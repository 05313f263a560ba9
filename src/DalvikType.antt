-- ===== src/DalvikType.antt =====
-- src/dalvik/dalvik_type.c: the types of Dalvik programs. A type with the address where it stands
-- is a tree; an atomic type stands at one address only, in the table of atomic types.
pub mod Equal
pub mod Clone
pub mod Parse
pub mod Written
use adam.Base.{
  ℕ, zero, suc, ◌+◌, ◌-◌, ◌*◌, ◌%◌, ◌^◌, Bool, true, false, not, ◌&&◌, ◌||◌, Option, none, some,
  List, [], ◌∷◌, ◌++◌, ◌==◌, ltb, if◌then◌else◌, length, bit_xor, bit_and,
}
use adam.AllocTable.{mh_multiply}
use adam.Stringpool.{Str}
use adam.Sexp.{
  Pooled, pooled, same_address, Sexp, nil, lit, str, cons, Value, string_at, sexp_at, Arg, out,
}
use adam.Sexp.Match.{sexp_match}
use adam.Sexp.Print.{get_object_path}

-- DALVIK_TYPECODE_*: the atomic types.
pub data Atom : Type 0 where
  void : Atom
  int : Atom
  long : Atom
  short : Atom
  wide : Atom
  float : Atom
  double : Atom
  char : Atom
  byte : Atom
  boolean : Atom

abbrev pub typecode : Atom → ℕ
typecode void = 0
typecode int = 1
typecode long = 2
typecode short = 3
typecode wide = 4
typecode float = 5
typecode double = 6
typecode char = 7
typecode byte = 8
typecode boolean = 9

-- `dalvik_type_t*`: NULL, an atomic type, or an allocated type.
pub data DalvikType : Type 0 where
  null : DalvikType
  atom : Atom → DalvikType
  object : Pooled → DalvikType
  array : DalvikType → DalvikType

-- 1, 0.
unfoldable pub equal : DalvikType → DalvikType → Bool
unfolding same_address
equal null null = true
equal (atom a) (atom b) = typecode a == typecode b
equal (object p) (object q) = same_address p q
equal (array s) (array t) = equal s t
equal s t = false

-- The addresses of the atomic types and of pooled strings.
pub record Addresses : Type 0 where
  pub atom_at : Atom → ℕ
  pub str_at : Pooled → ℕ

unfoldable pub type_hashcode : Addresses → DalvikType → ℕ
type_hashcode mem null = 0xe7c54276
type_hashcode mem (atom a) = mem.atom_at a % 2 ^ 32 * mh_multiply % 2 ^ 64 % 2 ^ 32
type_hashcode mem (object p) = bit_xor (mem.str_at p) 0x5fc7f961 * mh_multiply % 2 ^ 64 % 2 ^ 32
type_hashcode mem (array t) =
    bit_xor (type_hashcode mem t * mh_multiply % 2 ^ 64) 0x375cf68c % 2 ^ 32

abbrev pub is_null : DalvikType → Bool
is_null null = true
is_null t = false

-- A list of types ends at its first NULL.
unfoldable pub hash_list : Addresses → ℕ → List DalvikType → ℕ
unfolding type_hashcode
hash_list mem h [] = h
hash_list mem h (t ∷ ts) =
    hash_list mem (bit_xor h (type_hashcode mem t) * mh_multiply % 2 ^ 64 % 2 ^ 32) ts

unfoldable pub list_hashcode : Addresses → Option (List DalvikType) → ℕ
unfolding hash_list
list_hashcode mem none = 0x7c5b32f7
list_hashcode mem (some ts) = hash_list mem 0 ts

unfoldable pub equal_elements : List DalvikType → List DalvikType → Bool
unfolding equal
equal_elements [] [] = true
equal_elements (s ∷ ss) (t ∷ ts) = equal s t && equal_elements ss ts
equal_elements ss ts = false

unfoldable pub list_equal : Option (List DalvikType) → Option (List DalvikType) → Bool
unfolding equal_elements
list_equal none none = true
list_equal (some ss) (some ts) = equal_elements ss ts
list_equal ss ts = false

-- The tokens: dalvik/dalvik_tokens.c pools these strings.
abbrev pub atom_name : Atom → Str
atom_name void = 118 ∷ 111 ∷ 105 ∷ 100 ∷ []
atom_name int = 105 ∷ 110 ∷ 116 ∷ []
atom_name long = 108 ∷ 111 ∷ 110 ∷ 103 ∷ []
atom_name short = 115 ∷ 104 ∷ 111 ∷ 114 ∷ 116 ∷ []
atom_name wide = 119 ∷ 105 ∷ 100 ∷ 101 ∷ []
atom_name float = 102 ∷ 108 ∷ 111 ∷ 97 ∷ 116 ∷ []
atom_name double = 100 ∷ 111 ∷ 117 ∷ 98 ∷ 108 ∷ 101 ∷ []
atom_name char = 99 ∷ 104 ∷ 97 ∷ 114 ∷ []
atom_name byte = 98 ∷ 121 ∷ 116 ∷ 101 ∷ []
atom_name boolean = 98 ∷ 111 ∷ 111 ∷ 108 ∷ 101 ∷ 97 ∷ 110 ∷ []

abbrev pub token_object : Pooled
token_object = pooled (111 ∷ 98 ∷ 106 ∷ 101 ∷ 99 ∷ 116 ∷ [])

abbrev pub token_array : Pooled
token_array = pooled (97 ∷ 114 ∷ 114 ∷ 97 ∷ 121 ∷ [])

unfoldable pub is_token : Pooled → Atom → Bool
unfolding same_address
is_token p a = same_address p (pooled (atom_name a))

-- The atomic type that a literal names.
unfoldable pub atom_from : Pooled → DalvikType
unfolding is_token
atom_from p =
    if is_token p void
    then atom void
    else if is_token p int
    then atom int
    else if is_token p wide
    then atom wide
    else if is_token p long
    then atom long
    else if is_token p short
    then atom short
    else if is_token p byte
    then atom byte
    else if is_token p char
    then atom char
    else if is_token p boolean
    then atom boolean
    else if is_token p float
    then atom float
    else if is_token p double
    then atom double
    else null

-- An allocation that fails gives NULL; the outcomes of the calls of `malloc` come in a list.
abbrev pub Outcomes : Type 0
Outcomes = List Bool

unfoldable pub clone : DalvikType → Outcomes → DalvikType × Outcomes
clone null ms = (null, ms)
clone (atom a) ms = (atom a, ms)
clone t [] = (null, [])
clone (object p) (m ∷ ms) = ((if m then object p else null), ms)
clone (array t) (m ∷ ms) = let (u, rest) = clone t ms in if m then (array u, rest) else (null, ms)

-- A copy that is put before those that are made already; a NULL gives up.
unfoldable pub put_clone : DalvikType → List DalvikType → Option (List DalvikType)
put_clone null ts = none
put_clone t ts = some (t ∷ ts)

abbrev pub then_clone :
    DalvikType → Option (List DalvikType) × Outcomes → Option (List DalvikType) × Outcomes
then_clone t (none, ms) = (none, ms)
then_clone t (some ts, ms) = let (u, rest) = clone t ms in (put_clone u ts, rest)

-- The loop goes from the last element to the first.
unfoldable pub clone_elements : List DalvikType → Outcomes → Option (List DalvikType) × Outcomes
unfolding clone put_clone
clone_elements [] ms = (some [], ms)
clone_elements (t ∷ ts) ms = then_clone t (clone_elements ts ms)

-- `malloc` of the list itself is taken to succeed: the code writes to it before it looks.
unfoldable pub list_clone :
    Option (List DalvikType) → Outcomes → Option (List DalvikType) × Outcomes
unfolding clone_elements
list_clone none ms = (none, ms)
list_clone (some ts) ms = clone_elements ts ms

● ● ● ●

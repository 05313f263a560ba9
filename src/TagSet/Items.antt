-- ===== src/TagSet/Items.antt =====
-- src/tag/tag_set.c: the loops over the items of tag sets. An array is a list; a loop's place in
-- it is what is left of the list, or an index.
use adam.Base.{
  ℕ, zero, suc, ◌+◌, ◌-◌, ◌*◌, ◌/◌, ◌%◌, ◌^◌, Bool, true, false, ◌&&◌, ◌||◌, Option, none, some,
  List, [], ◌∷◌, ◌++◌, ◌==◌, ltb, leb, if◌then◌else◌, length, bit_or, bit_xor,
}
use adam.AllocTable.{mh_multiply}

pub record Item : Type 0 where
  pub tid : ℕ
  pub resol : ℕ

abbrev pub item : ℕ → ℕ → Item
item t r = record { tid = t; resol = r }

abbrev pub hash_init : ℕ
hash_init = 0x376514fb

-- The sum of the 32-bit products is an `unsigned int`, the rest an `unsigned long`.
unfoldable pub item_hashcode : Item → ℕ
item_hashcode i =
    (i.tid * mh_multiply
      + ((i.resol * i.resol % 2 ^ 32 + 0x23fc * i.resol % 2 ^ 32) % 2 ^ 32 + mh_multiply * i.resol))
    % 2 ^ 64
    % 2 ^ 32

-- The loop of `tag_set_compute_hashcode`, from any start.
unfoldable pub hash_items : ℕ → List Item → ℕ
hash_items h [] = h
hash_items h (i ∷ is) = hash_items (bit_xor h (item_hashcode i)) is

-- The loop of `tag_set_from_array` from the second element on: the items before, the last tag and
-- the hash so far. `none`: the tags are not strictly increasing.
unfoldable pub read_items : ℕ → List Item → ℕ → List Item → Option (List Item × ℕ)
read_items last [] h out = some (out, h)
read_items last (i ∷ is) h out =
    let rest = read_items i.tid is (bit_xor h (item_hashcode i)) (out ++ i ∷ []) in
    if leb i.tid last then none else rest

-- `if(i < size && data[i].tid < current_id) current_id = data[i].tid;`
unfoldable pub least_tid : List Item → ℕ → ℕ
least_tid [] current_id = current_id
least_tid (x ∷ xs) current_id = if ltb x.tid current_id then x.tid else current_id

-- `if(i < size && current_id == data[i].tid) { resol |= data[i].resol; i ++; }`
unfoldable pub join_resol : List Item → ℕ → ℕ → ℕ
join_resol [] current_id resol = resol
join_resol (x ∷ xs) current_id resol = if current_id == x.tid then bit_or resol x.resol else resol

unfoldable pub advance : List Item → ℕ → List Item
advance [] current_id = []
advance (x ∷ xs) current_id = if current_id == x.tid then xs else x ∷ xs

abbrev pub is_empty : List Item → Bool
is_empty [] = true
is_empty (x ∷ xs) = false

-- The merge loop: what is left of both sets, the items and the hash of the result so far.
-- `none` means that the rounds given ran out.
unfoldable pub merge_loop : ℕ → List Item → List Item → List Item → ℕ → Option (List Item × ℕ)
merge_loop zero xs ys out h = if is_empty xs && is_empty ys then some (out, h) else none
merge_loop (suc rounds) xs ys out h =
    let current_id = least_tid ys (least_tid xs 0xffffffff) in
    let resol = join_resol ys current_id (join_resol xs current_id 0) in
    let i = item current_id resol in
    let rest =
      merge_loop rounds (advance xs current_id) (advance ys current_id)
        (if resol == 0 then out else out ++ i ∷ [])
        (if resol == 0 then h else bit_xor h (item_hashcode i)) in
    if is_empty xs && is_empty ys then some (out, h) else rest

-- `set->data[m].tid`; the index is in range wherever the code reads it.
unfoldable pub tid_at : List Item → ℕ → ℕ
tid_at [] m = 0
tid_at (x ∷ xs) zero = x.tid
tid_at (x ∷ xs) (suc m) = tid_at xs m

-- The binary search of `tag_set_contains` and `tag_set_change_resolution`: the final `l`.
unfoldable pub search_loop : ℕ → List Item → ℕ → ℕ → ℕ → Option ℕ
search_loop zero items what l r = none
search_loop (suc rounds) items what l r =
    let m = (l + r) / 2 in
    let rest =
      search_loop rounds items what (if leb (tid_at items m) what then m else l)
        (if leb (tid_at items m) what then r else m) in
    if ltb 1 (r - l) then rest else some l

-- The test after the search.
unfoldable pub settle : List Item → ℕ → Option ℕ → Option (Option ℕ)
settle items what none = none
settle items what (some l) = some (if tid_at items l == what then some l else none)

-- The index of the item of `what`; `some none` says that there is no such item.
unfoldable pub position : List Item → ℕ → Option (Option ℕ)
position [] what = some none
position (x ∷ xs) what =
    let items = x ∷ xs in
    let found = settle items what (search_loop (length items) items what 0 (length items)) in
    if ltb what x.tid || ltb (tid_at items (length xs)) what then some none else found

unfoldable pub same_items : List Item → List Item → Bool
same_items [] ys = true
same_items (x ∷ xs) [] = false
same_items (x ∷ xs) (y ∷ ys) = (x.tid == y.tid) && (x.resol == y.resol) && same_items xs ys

● ● ● ●

**TASK DIRECTIONS:**
Taking the line with "long : Atom" as the first and the line with "unfoldable pub equal : DalvikType" as the last, retype that stretch of the data above exactly, with no other lines.

**ANSWER SPACE:**
  long : Atom
  short : Atom
  wide : Atom
  float : Atom
  double : Atom
  char : Atom
  byte : Atom
  boolean : Atom

abbrev pub typecode : Atom → ℕ
typecode void = 0
typecode int = 1
typecode long = 2
typecode short = 3
typecode wide = 4
typecode float = 5
typecode double = 6
typecode char = 7
typecode byte = 8
typecode boolean = 9

-- `dalvik_type_t*`: NULL, an atomic type, or an allocated type.
pub data DalvikType : Type 0 where
  null : DalvikType
  atom : Atom → DalvikType
  object : Pooled → DalvikType
  array : DalvikType → DalvikType

-- 1, 0.
unfoldable pub equal : DalvikType → DalvikType → Bool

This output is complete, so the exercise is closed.